■ YOUR GOAL: Copy out the lines of the records below, and only those lines, from the one with "unfolding missing_layers" through the one with "fetch_layers-Promises remote reference (layer", exactly as they appear.

Extracted records:
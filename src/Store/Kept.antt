-- ===== src/Store/Kept.antt =====
-- What work on the store leaves alone: the refs, the bytes of every blob, and every layer.
use climate.Common.{
  Text, text_eq_iff, text_eq_refl, any, retain, not, some, List, [], ◌∷◌, Bool, true, false, ok,
  context, ◌≡◌, refl, ap, ap₂, sym, ◌∙◌, arith, Bool-cases, inl, inr, >>=-eq-ok, context-eq-ok,
}
use climate.Common.Error.{missing_blob}
use climate.Store.{Store, Path2, path_eq, find_blob, is_clean, digest_path, has_layer, read_blob}
use climate.Store.Names.{digest_path_sound}

pub path_eq_sound : (p q : Path2) → path_eq p q ≡ true → p ≡ q
path_eq_sound (a, x) (b, y) h =
    ap₂ (λ u v. (u, v)) ((text_eq_iff a b).0 (ground arith)) ((text_eq_iff x y).0 (ground arith))

pub path_eq_refl : (p : Path2) → path_eq p p ≡ true
path_eq_refl (a, x) = ground (arith, text_eq_refl a, text_eq_refl x)

abbrev pub has_path : List Path2 → Path2 → Bool
has_path layers p = any (λ q. path_eq q p) layers

pub record Kept (s s' : Store) : Type 0 where
  pub refs : s'.refs ≡ s.refs
  pub blobs :
      (p : Path2) (bytes : Text)
      → find_blob p s.blobs ≡ some bytes
      → find_blob p s'.blobs ≡ some bytes
  pub layers :
      (p : Path2) → is_clean p.1 ≡ true → has_path s.layers p ≡ true → has_path s'.layers p ≡ true

pub Kept-refl : (s : Store) → Kept s s
Kept-refl s = record { refs = refl; blobs = λ p bytes h. h; layers = λ p c h. h }

pub Kept-trans : {s s' s'' : Store} → Kept s s' → Kept s' s'' → Kept s s''
Kept-trans k l = record {
  refs = l.refs ∙ k.refs;
  blobs = λ p bytes h. l.blobs p bytes (k.blobs p bytes h);
  layers = λ p c h. l.layers p c (k.layers p c h);
}

-- The list of layers without a path, and with it.
pub has_path-without :
    (layers : List Path2) (x p : Path2)
    → path_eq x p ≡ false
    → has_path (retain (λ q. not (path_eq q x)) layers) p ≡ has_path layers p
has_path-without [] x p apart = refl
has_path-without (q ∷ layers) x p apart = elim (Bool-cases (path_eq q x)) [
  | inl same ↦
      let e : q ≡ x = path_eq_sound q x same in
      let away : path_eq q p ≡ false = ap (λ y. path_eq y p) e ∙ apart in
      ground (arith, has_path-without layers x p apart)
  | inr other ↦ ground (arith, has_path-without layers x p apart)
]

pub has_path-with :
    (layers : List Path2) (x p : Path2)
    → has_path layers p ≡ true
    → has_path (x ∷ retain (λ q. not (path_eq q x)) layers) p ≡ true
has_path-with layers x p h = elim (Bool-cases (path_eq x p)) [
  | inl same ↦ ground arith
  | inr apart ↦ ground (arith, has_path-without layers x p apart)
]

pub has_path-here : (layers : List Path2) (x : Path2) → has_path (x ∷ layers) x ≡ true
has_path-here layers x = ground (arith, path_eq_refl x)

-- A blob that is written where there was none.
pub find_blob-put :
    (blobs : List (Path2 × Text)) (x p : Path2) (bytes : Text)
    → path_eq x p ≡ false
    → find_blob p ((x, bytes) ∷ retain (λ b. not (path_eq b.0 x)) blobs) ≡ find_blob p blobs
unfolding find_blob
find_blob-put blobs x p bytes apart = rw apart (rest blobs)
  where
    rest :
        (blobs : List (Path2 × Text))
        → find_blob p (retain (λ b. not (path_eq b.0 x)) blobs) ≡ find_blob p blobs
    rest [] = refl
    rest ((q, b) ∷ blobs) = elim (Bool-cases (path_eq q x)) [
      | inl same ↦
          let e : q ≡ x = path_eq_sound q x same in
          let away : path_eq q p ≡ false = ap (λ y. path_eq y p) e ∙ apart in
          ground (arith, rest blobs)
      | inr other ↦ ground (arith, rest blobs)
    ]

pub find_blob-here :
    (blobs : List (Path2 × Text)) (x : Path2) (bytes : Text)
    → find_blob x ((x, bytes) ∷ blobs) ≡ some bytes
unfolding find_blob
find_blob-here blobs x bytes = rw (path_eq_refl x) refl

-- A blob that is written where there is none, or the same one.
pub find_blob-Kept :
    (blobs : List (Path2 × Text)) (x : Path2) (bytes : Text)
    → ((b : Text) → find_blob x blobs ≡ some b → b ≡ bytes)
    → (p : Path2) (b : Text) → find_blob p blobs ≡ some b
    → find_blob p ((x, bytes) ∷ retain (λ b. not (path_eq b.0 x)) blobs) ≡ some b
find_blob-Kept blobs x bytes agrees p b h = elim (Bool-cases (path_eq x p)) [
  | inl here ↦
      let e : x ≡ p = path_eq_sound x p here in
      let rest = retain (λ b. not (path_eq b.0 x)) blobs in
      rw (← e) (find_blob-here rest x bytes ∙ ap some (sym (agrees b (rw e h))))
  | inr away ↦ find_blob-put blobs x p bytes away ∙ h
]

-- What the store is asked stays true.
pub has_layer-Kept :
    {s s' : Store} (digest : Text)
    → Kept s s'
    → has_layer s digest ≡ ok true
    → has_layer s' digest ≡ ok true
unfolding has_layer
has_layer-Kept {s = s} {s' = s'} digest k h =
    let ((algo, hex), e, there) =
      >>=-eq-ok (digest_path digest) (λ path. ok (any (λ p. path_eq p path) s.layers)) h in
    let (sound, ca, ch) = digest_path_sound digest algo hex e in
    rw e (ap ok (k.layers (algo, hex) ch cc))

pub read_blob-Kept :
    {s s' : Store} (digest bytes : Text)
    → Kept s s'
    → read_blob s digest ≡ ok bytes
    → read_blob s' digest ≡ ok bytes
unfolding read_blob
read_blob-Kept {s = s} {s' = s'} digest bytes k h =
    let (path, e, there) =
      >>=-eq-ok (digest_path digest)
        (λ path. context (find_blob path s.blobs) (missing_blob digest)) h in
    let held =
      k.blobs path bytes (context-eq-ok (find_blob path s.blobs) (missing_blob digest) there) in
    rw e (rw held refl)
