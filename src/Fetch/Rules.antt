-- ===== src/Fetch/Rules.antt =====
-- Work that leaves the refs, the blobs and the layers of the store: what it promises of any fact that
-- such work cannot undo.
use climate.Common.{
  Text, text_eq, retain, not, ◌&&◌, List, [], ◌∷◌, ◌++◌, true, false, ok, err, Result, codes, ◌≡◌,
  refl, ◌∙◌, arith, Bool-cases, inl, inr,
}
use climate.Common.Error.{Error, not_finalised}
use climate.Store.{Store, Path2, path_eq, is_clean, has_layer}
use climate.Store.Action.{
  Action, Promises, modify, modify-Promises, bind-Promises, asks, asks-Promises, lift,
  lift-Promises, ◌>>=◌, ◌>>◌,
}
use climate.Store.Kept.{
  Kept, Kept-trans, has_path, has_path-without, has_path-with, has_path-here, has_layer-Kept,
}
use climate.Fetch.{
  Remote, write_file, without_file, without_layer, with_layer, staging_of, finalise_layer,
}

pub record Stable (P : Store → Type 0) : Type 0 where
  pub step : (s s' : Store) → P s → Kept s s' → P s'

pub Kept-Stable : (s : Store) → Stable (Kept s)
Kept-Stable s = record { step = λ a b k l. Kept-trans k l }

pub has_layer-Stable : (digest : Text) → Stable (λ s. has_layer s digest ≡ ok true)
has_layer-Stable digest = record { step = λ s s' h k. has_layer-Kept digest k h }

pub and-Stable : {P Q : Store → Type 0} → Stable P → Stable Q → Stable (λ s. P s × Q s)
and-Stable p q = record { step = λ s s' h k. (p.step s s' h.0 k, q.step s s' h.1 k) }

pub constant-Stable : (A : Type 0) → Stable (λ s. A)
constant-Stable A = record { step = λ s s' h k. h }

-- What does not depend on the files at the top of the store.
pub record Apart (P : Store → Type 0) : Type 0 where
  pub step : (s : Store) (files : List (Text × Text)) → P s → P (record s { others = files })

pub Stable-Apart : {P : Store → Type 0} → Stable P → Apart P
Stable-Apart stable = record {
  step = λ s files p.
      stable.step s (record s { others = files }) p
        (record { refs = refl; blobs = λ p b h. h; layers = λ p c h. h });
}

-- The files at the top of the store are apart.
pub write_file-Kept : (name bytes : Text) (s : Store) → Kept s (write_file name bytes s)
write_file-Kept name bytes s = record { refs = refl; blobs = λ p b h. h; layers = λ p c h. h }

pub without_file-Kept : (name : Text) (s : Store) → Kept s (without_file name s)
without_file-Kept name s = record { refs = refl; blobs = λ p b h. h; layers = λ p c h. h }

-- No layer is where a layer is unpacked.
dot-apart : (t x : Text) → is_clean x ≡ true → text_eq (b'.' ∷ t) x ≡ false
unfolding text_eq is_clean
dot-apart t [] h = refl
dot-apart t (c ∷ x) h = ground arith

staging-apart : (dest p : Path2) → is_clean p.1 ≡ true → path_eq (staging_of dest) p ≡ false
staging-apart (algo, hex) (a, x) h = ground (arith, dot-apart (codes "extract-" ++ hex) x h)

pub without_layer-Kept : (dest : Path2) (s : Store) → Kept s (without_layer (staging_of dest) s)
without_layer-Kept dest s = record {
  refs = refl;
  blobs = λ p b h. h;
  layers = λ p c h. has_path-without s.layers (staging_of dest) p (staging-apart dest p c) ∙ h;
}

pub with_layer-Kept : (x : Path2) (s : Store) → Kept s (with_layer x s)
with_layer-Kept x s = record {
  refs = refl;
  blobs = λ p b h. h;
  layers = λ p c h. has_path-with s.layers x p h;
}

pub modify-Stable :
    {P : Store → Type 0}
    → Stable P
    → (f : Store → Store) → ((s : Store) → Kept s (f s))
    → Promises P (modify f) (λ done s. P s) P
modify-Stable {P = P} stable f h =
    modify-Promises (λ done s. P s) f (λ s p. stable.step s (f s) p (h s))

pub finalise_layer-Kept :
    (remote : Remote) (digest : Text) (dest : Path2) (s s' : Store)
    → finalise_layer remote digest dest s ≡ ok s'
    → Kept s s' × (has_path s'.layers dest ≡ true)
unfolding finalise_layer
finalise_layer-Kept remote digest dest s s' h =
    elim (Bool-cases (has_path s.layers dest && not (remote.is_empty_dir dest))) [
      | inl taken ↦ let bad : err (not_finalised digest) ≡ ok s' = rw taken at h in cc
      | inr free ↦
          let renamed : Result.ok (with_layer dest (without_layer (staging_of dest) s)) ≡ ok s' =
            rw free at h in
          let e : with_layer dest (without_layer (staging_of dest) s) ≡ s' = cc in
          rw (← e) (
            Kept-trans (without_layer-Kept dest s)
                (with_layer-Kept dest (without_layer (staging_of dest) s)),
            has_path-here
                (retain (λ p. not (path_eq p dest)) (without_layer (staging_of dest) s).layers)
                dest,
          )
    ]

-- One step before the rest: a step that leaves the refs, the blobs and the layers, and one that only
-- looks or decides.
module _ {B : Type 0} {P E : Store → Type 0} {R : B → Store → Type 0} where
  pub kept-then :
      Stable P
      → (f : Store → Store) (next : Action B) → ((s : Store) → Kept s (f s))
      → Promises P next R E
      → Promises P (modify f >> next) R E
  kept-then stable f next h rest =
      bind-Promises (λ done s. P s) (modify f) (λ done. next)
        (modify-Promises (λ done s. P s) f (λ s p. stable.step s (f s) p (h s))) (λ done. rest)

module _ {B : Type 0} {P E : Store → Type 0} {R : B → Store → Type 0}
    (hurt : (s : Store) → P s → E s) where
  pub asks-then :
      {A : Type 0} (f : Store → Result Error A) (next : A → Action B)
      → ((a : A) → Promises P (next a) R E)
      → Promises P (asks f >>= next) R E
  asks-then f next rest =
      bind-Promises (λ a s. P s) (asks f) next (asks-Promises (λ a s. P s) f hurt (λ s a p e. p))
        rest

  pub lift-then :
      {A : Type 0} (r : Result Error A) (next : A → Action B)
      → ((a : A) → r ≡ ok a → Promises P (next a) R E)
      → Promises P (lift r >>= next) R E
  lift-then r next rest =
      bind-Promises (λ a s. P s × (r ≡ ok a)) (lift r) next
        (lift-Promises (λ a s. P s × (r ≡ ok a)) r hurt (λ s a p e. (p, e)))
        (λ a. record { ends = λ s q. (rest a q.1).ends s q.0 })
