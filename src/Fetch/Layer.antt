-- ===== src/Fetch/Layer.antt =====
-- One layer, and all that are missing: what `fetch_layer` and its loop leave, whichever way they end.
use climate.Common.{
  Text, if◌then◌else◌, List, [], ◌∷◌, Bool, true, false, ℕ, suc, ok, err, context, codes, ◌≡◌, ap,
  inl, inr, In, ◌⊎◌, All,
}
use climate.Common.Error.{layer_not_opened, not_extracted, blob_not_pulled}
use climate.Store.{Store, digest_path, has_layer}
use climate.Store.Action.{
  Promises, lift, modify, ◌>>◌, pure-Promises, asks-Promises, lift-Promises, modify-Promises,
  change-Promises, bind-Promises, finally-Promises, Promises-weaken,
}
use climate.Fetch.{
  Remote, Descriptor, Transfer, whole, broken, received, write_file, without_file, without_layer,
  with_layer, staging_of, finalise_layer, find_file, reader_of, temp_path, download_blob,
  extract_layer, fetch_layer, fetch_layers, missing_layers, keep_if,
}
use climate.Fetch.Rules.{
  Stable, Apart, Stable-Apart, lift-then, asks-then, kept-then, and-Stable, has_layer-Stable,
  without_file-Kept, without_layer-Kept, with_layer-Kept, finalise_layer-Kept,
}

module _ (remote : Remote) {P : Store → Type 0} (apart : Apart P) where
  write_file-Promises :
      (temp bytes : Text) → Promises P (modify (write_file temp bytes)) (λ done s. P s) P
  write_file-Promises temp bytes =
      modify-Promises (λ done s. P s) (write_file temp bytes)
        (λ s p. apart.step s (write_file temp bytes s).others p)

  received-Promises :
      (temp : Text) (descriptor : Descriptor) (t : Transfer)
      → Promises P (received remote temp descriptor t) (λ done s. P s) P
  received-Promises temp descriptor (whole bytes) = write_file-Promises temp bytes
  received-Promises temp descriptor (broken bytes) =
      bind-Promises (λ done s. P s) (modify (write_file temp bytes))
        (λ done. lift (err (blob_not_pulled descriptor.digest))) (write_file-Promises temp bytes)
        (λ done.
          lift-Promises (λ done s. P s) (err (blob_not_pulled descriptor.digest)) (λ s p. p)
            (λ s a p e. p))

  pub download_blob-Promises :
      (reference : Text) (descriptor : Descriptor) (temp : Text)
      → Promises P (download_blob remote reference descriptor temp) (λ done s. P s) P
  unfolding download_blob
  download_blob-Promises reference descriptor temp =
      bind-Promises (λ done s. P s) (modify (write_file temp []))
        (λ done. received remote temp descriptor (remote.pull_blob reference descriptor))
        (write_file-Promises temp [])
        (λ done. received-Promises temp descriptor (remote.pull_blob reference descriptor))

module _ (remote : Remote) {P : Store → Type 0} (stable : Stable P) where
  pub extract_layer-Promises :
      (temp digest media_type : Text)
      → Promises P
          (extract_layer remote temp digest media_type)
          (λ done s. P s × (has_layer s digest ≡ ok true))
          P
  unfolding extract_layer has_layer
  extract_layer-Promises temp digest media_type =
      lift-then (λ s p. p) (digest_path digest) _
        (λ dest e. kept-then stable (without_layer (staging_of dest)) _ (without_layer-Kept dest) (
          asks-then (λ s p. p) (λ s. context (find_file temp s.others) (layer_not_opened digest)) _
            (λ bytes.
              lift-then (λ s p. p) (reader_of remote media_type bytes) _
                (λ compression read.
                  kept-then stable (with_layer (staging_of dest)) _
                    (with_layer-Kept (staging_of dest))
                    (lift-then (λ s p. p)
                      (if remote.unpacks compression bytes
                        then ok tt
                        else err (not_extracted digest))
                      _
                      (λ done unpacked.
                        change-Promises _ (finalise_layer remote digest dest) (λ s p. p)
                          (λ s s' p renamed.
                            let (kept, there) =
                              finalise_layer-Kept remote digest dest s s' renamed in
                            (stable.step s s' p kept, rw e (ap ok there)))))))))

  pub fetch_layer-Promises :
      (reference : Text) (layer : Descriptor) (id : ℕ)
      → Promises P
          (fetch_layer remote reference layer id)
          (λ done s. P s × (has_layer s layer.digest ≡ ok true))
          P
  unfolding fetch_layer
  fetch_layer-Promises reference layer id =
      let temp = temp_path remote (codes "layer") id in
      let present = has_layer-Stable layer.digest in
      finally-Promises
        (download_blob remote reference layer temp
          >> extract_layer remote temp layer.digest layer.media_type)
        (without_file temp)
        (bind-Promises (λ done s. P s) (download_blob remote reference layer temp)
          (λ done. extract_layer remote temp layer.digest layer.media_type)
          (download_blob-Promises remote (Stable-Apart stable) reference layer temp)
          (λ done. extract_layer-Promises temp layer.digest layer.media_type))
        (λ s a q. (
          stable.step s (without_file temp s) q.0 (without_file-Kept temp s),
          present.step s (without_file temp s) q.1 (without_file-Kept temp s),
        ))
        (λ s p. stable.step s (without_file temp s) p (without_file-Kept temp s))

-- What the search for missing layers passes over is in the store.
pub missing_layers-Promises :
    (layers : List Descriptor) {P : Store → Type 0}
    → Promises P
        (missing_layers layers)
        (λ pending s.
          P s × ((l : Descriptor) → In l layers → In l pending ⊎ (has_layer s l.digest ≡ ok true)))
        P
unfolding missing_layers
missing_layers-Promises [] = pure-Promises _ _ [] (λ s p. (p, λ l i. elim i [ ]))
missing_layers-Promises (layer ∷ layers) {P = P} =
    bind-Promises (λ there s. P s × (has_layer s layer.digest ≡ ok there)) _ _
      (asks-Promises _ (λ s. has_layer s layer.digest) (λ s p. p) (λ s there p e. (p, e)))
      (λ there.
        bind-Promises
          (λ rest s.
            (P s × ((l : Descriptor) → In l layers → In l rest ⊎ (has_layer s l.digest ≡ ok true)))
            × (has_layer s layer.digest ≡ ok there))
          _ _
          (Promises-weaken _
            (missing_layers-Promises layers {P = λ s. P s × (has_layer s layer.digest ≡ ok there)})
            (λ s rest q. ((q.0.0, q.1), q.0.1)) (λ s q. q.0))
          (λ rest.
            pure-Promises _ _ (keep_if there layer rest)
              (λ s q. (q.0.0, found s there rest q.0.1 q.1))))
  where
    found :
        (s : Store) (there : Bool) (rest : List Descriptor)
        → ((l : Descriptor) → In l layers → In l rest ⊎ (has_layer s l.digest ≡ ok true))
        → has_layer s layer.digest ≡ ok there
        → (l : Descriptor) → In l (layer ∷ layers)
        → In l (keep_if there layer rest) ⊎ (has_layer s l.digest ≡ ok true)
    found s true rest h e l (inl same) = inr (rw same e)
    found s true rest h e l (inr i) = h l i
    found s false rest h e l (inl same) = inl (inl same)
    found s false rest h e l (inr i) = elim (h l i) [ inl j ↦ inl (inr j) | inr k ↦ inr k ]

pub fetch_layers-Promises :
    (remote : Remote) (reference : Text) (layers : List Descriptor) (id : ℕ) {P : Store → Type 0}
    (stable : Stable P)
    → Promises P
        (fetch_layers remote reference id layers)
        (λ done s. P s × All (λ (l : Descriptor). has_layer s l.digest ≡ ok true) layers)
        P
unfolding fetch_layers
fetch_layers-Promises remote reference [] id stable = pure-Promises _ _ tt (λ s p. (p, tt))
fetch_layers-Promises remote reference (layer ∷ layers) id {P = P} stable =
    let held = and-Stable stable (has_layer-Stable layer.digest) in
    bind-Promises (λ done s. P s × (has_layer s layer.digest ≡ ok true)) _ _
      (fetch_layer-Promises remote stable reference layer id)
      (λ done.
        Promises-weaken _ (fetch_layers-Promises remote reference layers (suc id) held)
          (λ s a q. (q.0.0, (q.0.1, q.1))) (λ s q. q.0))
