-- ===== src/Fetch/Blobs.antt =====
-- The manifest and the settings of an image: blobs that are written where there are none, or the
-- same.
use climate.Common.{
  ◌>>=◌, Text, retain, not, some, none, ◌∷◌, true, false, ok, err, Result, codes, ◌≡◌, refl, ap,
  sym, ◌∙◌, Option-cases, Result-cases, inl, inr,
}
use climate.Common.Error.{Error, not_stored}
use climate.Store.{
  Writes, all_written, put_blob, put_ref, marker_name, record_ref, Store, Path2, path_eq, find_blob,
  digest_path, has_blob, read_blob, exists, write_blob,
}
use climate.Store.Action.{
  modify, modify-Promises, change, Promises, change-Promises, bind-Promises, Promises-weaken,
}
use climate.Store.Kept.{Kept, read_blob-Kept, find_blob-Kept, find_blob-here}
use climate.Fetch.{
  Remote, Descriptor, without_file, find_file, temp_path, download_blob, commit_blob, committed,
  fetch_config,
}
use climate.Fetch.Rules.{Stable, Stable-Apart}
use climate.Fetch.Layer.{download_blob-Promises}

abbrev pub HoldsBlob : Text → Store → Type 0
HoldsBlob digest s = (bytes : Text) × (read_blob s digest ≡ ok bytes)

pub HoldsBlob-Stable : (digest : Text) → Stable (HoldsBlob digest)
HoldsBlob-Stable digest = record { step = λ s s' h k. (h.0, read_blob-Kept digest h.0 k h.1) }

pub read_blob-Stable : (digest bytes : Text) → Stable (λ s. read_blob s digest ≡ ok bytes)
read_blob-Stable digest bytes = record { step = λ s s' h k. read_blob-Kept digest bytes k h }

put_blob-Kept :
    (temp digest : Text) (s s' : Store) (dest : Path2) (bytes : Text)
    → digest_path digest ≡ ok dest
    → exists (find_blob dest s.blobs) ≡ false
    → committed temp digest s dest (some bytes) ≡ ok s'
    → Kept s s' × HoldsBlob digest s'
unfolding read_blob
put_blob-Kept temp digest s s' dest bytes e gone put =
    let rest = retain (λ b. not (path_eq b.0 dest)) s.blobs in
    let new : Store = record (without_file temp s) { blobs = (dest, bytes) ∷ rest } in
    let same : new ≡ s' = cc in
    rw (← same) (
      record {
        refs = refl;
        blobs =
            find_blob-Kept s.blobs dest bytes
              (λ b there. let both : true ≡ false = sym (ap exists there) ∙ gone in cc);
        layers = λ p c h. h;
      },
      (bytes, rw e (rw (find_blob-here rest dest bytes) refl)),
    )

-- Committing a blob where there is none.
commit_blob-Kept :
    (temp digest : Text) (s s' : Store)
    → has_blob s digest ≡ ok false
    → commit_blob temp digest s ≡ ok s'
    → Kept s s' × HoldsBlob digest s'
unfolding commit_blob has_blob read_blob
commit_blob-Kept temp digest s s' absent h = elim (Result-cases (digest_path digest)) [
  | inr (e, bad) ↦ let failed : err e ≡ ok s' = rw bad at h in cc
  | inl (dest, e) ↦
      let made : committed temp digest s dest (find_file temp s.others) ≡ ok s' = rw e at h in
      let gone : exists (find_blob dest s.blobs) ≡ false = cc in
      elim (Option-cases (find_file temp s.others)) [
        | inl missing ↦ let failed : err (not_stored digest) ≡ ok s' = rw missing at made in cc
        | inr (bytes, f) ↦
            let put : committed temp digest s dest (some bytes) ≡ ok s' = rw f at made in
            put_blob-Kept temp digest s s' dest bytes e gone put
      ]
]

module _ (remote : Remote) {P : Store → Type 0} (stable : Stable P) where
  absent-download :
      (reference : Text) (config : Descriptor) (temp : Text)
      → Promises
          (λ s. P s × (has_blob s config.digest ≡ ok false))
          (download_blob remote reference config temp)
          (λ done s. P s × (has_blob s config.digest ≡ ok false))
          P
  absent-download reference config temp =
      Promises-weaken _
        (download_blob-Promises remote
          (record {
            step = λ s files p. ((Stable-Apart stable).step s files p.0, unfold has_blob in p.1);
          })
          reference config temp)
        (λ s a p. p) (λ s p. p.0)

  pub fetch_config-Promises :
      (reference : Text) (config : Descriptor)
      → Promises
          (λ s. P s × (has_blob s config.digest ≡ ok false))
          (fetch_config remote reference config)
          (λ done s. P s × HoldsBlob config.digest s)
          P
  unfolding fetch_config
  fetch_config-Promises reference config =
      let temp = temp_path remote (codes "config") 0 in
      bind-Promises (λ done s. P s × (has_blob s config.digest ≡ ok false)) _ _
        (absent-download reference config temp)
        (λ done.
          change-Promises _ (commit_blob temp config.digest) (λ s p. p.0)
            (λ s s' p committed.
              let (kept, held) = commit_blob-Kept temp config.digest s s' p.1 committed in
              (stable.step s s' p.0 kept, held)))

-- Where every write of a blob and of a ref goes to its end.
pub record IsWritten (writes : Writes) : Type 0 where
  pub blob : (path : Path2) → writes.blob path ≡ all_written
  pub marker : (name : Text) → writes.marker name ≡ all_written

abbrev pub stored_blob : Store → Text → Text → Result Error Store
stored_blob s digest bytes = do path ← digest_path digest; ok (put_blob path bytes s)

pub write_blob-change :
    (writes : Writes)
    → IsWritten writes
    → (digest bytes : Text) (s : Store)
    → write_blob writes digest bytes s ≡ change (λ s'. stored_blob s' digest bytes) s
unfolding write_blob
write_blob-change writes done digest bytes s = go (digest_path digest) refl
  where
    go :
        (r : Result Error Path2)
        → digest_path digest ≡ r
        → write_blob writes digest bytes s ≡ change (λ s'. stored_blob s' digest bytes) s
    go (ok path) e = rw (e, done.blob path) refl
    go (err x) e = rw e refl

pub record_ref-modify :
    (writes : Writes)
    → IsWritten writes
    → (reference digest : Text) (s : Store)
    → record_ref writes reference digest s ≡ modify (put_ref reference digest) s
unfolding record_ref
record_ref-modify writes done reference digest s = rw (done.marker (marker_name reference)) refl

module _ {P E : Store → Type 0} {Q : Unit {0} → Store → Type 0} (writes : Writes)
    (done : IsWritten writes) where
  pub write_blob-Promises :
      (digest bytes : Text)
      → Promises P (change (λ s. stored_blob s digest bytes)) Q E
      → Promises P (write_blob writes digest bytes) Q E
  write_blob-Promises digest bytes h = record {
    ends = λ s p. rw (write_blob-change writes done digest bytes s) (h.ends s p);
  }

  pub record_ref-Promises :
      (reference digest : Text)
      → ((s : Store) → P s → Q tt (put_ref reference digest s))
      → Promises P (record_ref writes reference digest) Q E
  record_ref-Promises reference digest h = record {
    ends = λ s p.
        rw (record_ref-modify writes done reference digest s)
          ((modify-Promises Q (put_ref reference digest) h).ends s p);
  }

-- A manifest that is written again is the same: a blob has the digest of its bytes.
pub stored_blob-Kept :
    (s s' : Store) (digest bytes : Text)
    → ((b : Text) → read_blob s digest ≡ ok b → b ≡ bytes)
    → stored_blob s digest bytes ≡ ok s'
    → Kept s s' × (read_blob s' digest ≡ ok bytes)
unfolding read_blob
stored_blob-Kept s s' digest bytes addressed h = elim (Result-cases (digest_path digest)) [
  | inr (e, bad) ↦ let failed : err e ≡ ok s' = rw bad at h in cc
  | inl (dest, e) ↦
      let rest = retain (λ b. not (path_eq b.0 dest)) s.blobs in
      let new : Store = record s { blobs = (dest, bytes) ∷ rest } in
      let made : Result.ok new ≡ ok s' = rw e at h in
      let same : new ≡ s' = cc in
      rw (← same) (
        record {
          refs = refl;
          blobs = find_blob-Kept s.blobs dest bytes (λ b there. addressed b (rw e (rw there refl)));
          layers = λ p c h. h;
        },
        rw e (rw (find_blob-here rest dest bytes) refl),
      )
]

pub has_blob-HoldsBlob :
    (digest : Text) (s : Store) → has_blob s digest ≡ ok true → HoldsBlob digest s
unfolding has_blob read_blob
has_blob-HoldsBlob digest s h = elim (Result-cases (digest_path digest)) [
  | inr (e, bad) ↦ let failed : err e ≡ Result.ok true = rw bad at h in cc
  | inl (path, e) ↦ elim (Option-cases (find_blob path s.blobs)) [
    | inl missing ↦ let none_there : Result.ok (exists none) ≡ ok true = rw (e, missing) at h in cc
    | inr (bytes, there) ↦ (bytes, rw e (rw there refl))
  ]
]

■ RESPONSE TO THE EXERCISE:
unfolding missing_layers
missing_layers-Promises [] = pure-Promises _ _ [] (λ s p. (p, λ l i. elim i [ ]))
missing_layers-Promises (layer ∷ layers) {P = P} =
    bind-Promises (λ there s. P s × (has_layer s layer.digest ≡ ok there)) _ _
      (asks-Promises _ (λ s. has_layer s layer.digest) (λ s p. p) (λ s there p e. (p, e)))
      (λ there.
        bind-Promises
          (λ rest s.
            (P s × ((l : Descriptor) → In l layers → In l rest ⊎ (has_layer s l.digest ≡ ok true)))
            × (has_layer s layer.digest ≡ ok there))
          _ _
          (Promises-weaken _
            (missing_layers-Promises layers {P = λ s. P s × (has_layer s layer.digest ≡ ok there)})
            (λ s rest q. ((q.0.0, q.1), q.0.1)) (λ s q. q.0))
          (λ rest.
            pure-Promises _ _ (keep_if there layer rest)
              (λ s q. (q.0.0, found s there rest q.0.1 q.1))))
  where
    found :
        (s : Store) (there : Bool) (rest : List Descriptor)
        → ((l : Descriptor) → In l layers → In l rest ⊎ (has_layer s l.digest ≡ ok true))
        → has_layer s layer.digest ≡ ok there
        → (l : Descriptor) → In l (layer ∷ layers)
        → In l (keep_if there layer rest) ⊎ (has_layer s l.digest ≡ ok true)
    found s true rest h e l (inl same) = inr (rw same e)
    found s true rest h e l (inr i) = h l i
    found s false rest h e l (inl same) = inl (inl same)
    found s false rest h e l (inr i) = elim (h l i) [ inl j ↦ inl (inr j) | inr k ↦ inr k ]

pub fetch_layers-Promises :
    (remote : Remote) (reference : Text) (layers : List Descriptor) (id : ℕ) {P : Store → Type 0}
    (stable : Stable P)
    → Promises P
        (fetch_layers remote reference id layers)
        (λ done s. P s × All (λ (l : Descriptor). has_layer s l.digest ≡ ok true) layers)
        P
unfolding fetch_layers
fetch_layers-Promises remote reference [] id stable = pure-Promises _ _ tt (λ s p. (p, tt))
fetch_layers-Promises remote reference (layer ∷ layers) id {P = P} stable =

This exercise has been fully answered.